== Segment start ==

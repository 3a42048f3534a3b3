-- ===== src/Tests/Web.antt =====
-- A server that answers, and the program that asks it.
use open_download_manager.Prelude.{
  ℕ, ◌≡◌, refl, true, false, List, [], ◌∷◌, ◌++◌, Option, none, some, ◌&&◌, ◌==◌,
}
use open_download_manager.Core.Error.{ok, is_ok}
use open_download_manager.Core.Libs.{since}
use open_download_manager.Storage.Chars.{codes}
use open_download_manager.Storage.Utf8.{from_utf8_lossy}
use open_download_manager.Storage.Path.{file_name}
use open_download_manager.Storage.Path.Accepted.{is_absolute}
use open_download_manager.Storage.PartFile.{file_storage}
use open_download_manager.Http.Disposition.{parse_content_disposition_filename}
use open_download_manager.Http.Disposition.Encoded.{percent_encode, parse-percent_encode}
use open_download_manager.Http.Client.{
  Reqwest, Header, replied, content_length, is_web, inspect, download_stream, validate_scheme, sent,
  build_streaming, body_of,
}
use open_download_manager.Http.Client.Outcome.{is_accepted, requests-ok}
use open_download_manager.Engine.Naming.{default_output_for, default_output_for-name}
use open_download_manager.Cli.Download.{DownloadCmd, Outside, main, Reports, main-Reports}
use open_download_manager.Tests.World.{libs}
use open_download_manager.Tests.Disk.{disk, disk-IsFileSystem, empty_disk}
use open_download_manager.Engine.Download.{Arrival, item, download}
use open_download_manager.Engine.Download.Fetched.{
  Rounds, over, item_taken, body_in, seen, Fetched, download-Fetched,
}
use open_download_manager.Tests.Transfers.{request, response}

-- A euro sign and a space.
parse-percent_encode_example :
    parse_content_disposition_filename
      (codes "attachment; filename*=UTF-8''" ++ percent_encode (0xe2 ∷ 0x82 ∷ 0xac ∷ 0x20 ∷ []))
    ≡ some (from_utf8_lossy (0xe2 ∷ 0x82 ∷ 0xac ∷ 0x20 ∷ []))
parse-percent_encode_example = parse-percent_encode (0xe2 ∷ 0x82 ∷ 0xac ∷ 0x20 ∷ []) refl

abbrev length_of : Header → ℕ → Option (List ℕ)
length_of content_length resp = some (codes "3")
length_of _ resp = none

-- Each response is its status.
abbrev server : Reqwest libs
server = record {
  Response = ℕ;
  send = λ method url. replied 200;
  status = λ resp. resp;
  is_success = λ status. status == 200;
  url = λ resp. "https://example.com/a";
  header = length_of;
  bytes_stream = λ resp. replied (1 ∷ 2 ∷ 3 ∷ []) ∷ [];
}

requests-ok_example :
    (is_ok (inspect server "https://example.com/a")
      ≡ (is_web "https" && is_accepted server (replied 200)))
    × (is_ok (download_stream server "https://example.com/a")
        ≡ (is_web "https" && is_accepted server (replied 200)))
requests-ok_example = requests-ok server "https://example.com/a"

default_output_for-name_example :
    let path = default_output_for false (some (codes "etc" ∷ codes "pass:wd" ∷ [])) in
    (file_name path ≡ some path) × (is_absolute path ≡ false)
default_output_for-name_example =
    default_output_for-name false (some (codes "etc" ∷ codes "pass:wd" ∷ []))

abbrev outside : Outside libs
outside = record { path_segments = λ url. none; response = λ url. ok response; engine = ok tt }

abbrev cmd : DownloadCmd
cmd = record { url = "https://example.com/a"; output = some (b'a' ∷ []); overwrite = false }

main-Reports_example :
    Reports disk disk-IsFileSystem false outside cmd
      (since 4)
      empty_disk
      (b'a' ∷ [])
      (main (file_storage disk) false outside cmd (since 4) empty_disk)
main-Reports_example =
    main-Reports disk disk-IsFileSystem false outside cmd (since 4) empty_disk (b'a' ∷ []) refl

-- The one chunk of the server, in one round.
abbrev rounds : List Arrival
rounds = item true (since 1) (ok (1 ∷ 2 ∷ 3 ∷ [])) ∷ []

one_round : Rounds (body_in {R = server} (download_stream server request.url)) rounds
unfolding download_stream validate_scheme sent build_streaming body_of
one_round = item_taken true (since 1) (ok (1 ∷ 2 ∷ 3 ∷ [])) over

download-Fetched_example : Fetched server disk disk-IsFileSystem request empty_disk (
    download
      (file_storage disk)
      false
      false
      true
      true
      (since 4)
      request
      (seen {R = server} rounds (download_stream server request.url))
      empty_disk)
download-Fetched_example =
    download-Fetched server disk disk-IsFileSystem request empty_disk false false true true
      (since 4) rounds one_round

== Segment end ==

→ Task to complete: The required output is a copy of each line in the records where the string "refl" occurs.

→ Task solution:
  ℕ, ◌≡◌, refl, true, false, List, [], ◌∷◌, ◌++◌, Option, none, some, ◌&&◌, ◌==◌,
parse-percent_encode_example = parse-percent_encode (0xe2 ∷ 0x82 ∷ 0xac ∷ 0x20 ∷ []) refl
    main-Reports disk disk-IsFileSystem false outside cmd (since 4) empty_disk (b'a' ∷ []) refl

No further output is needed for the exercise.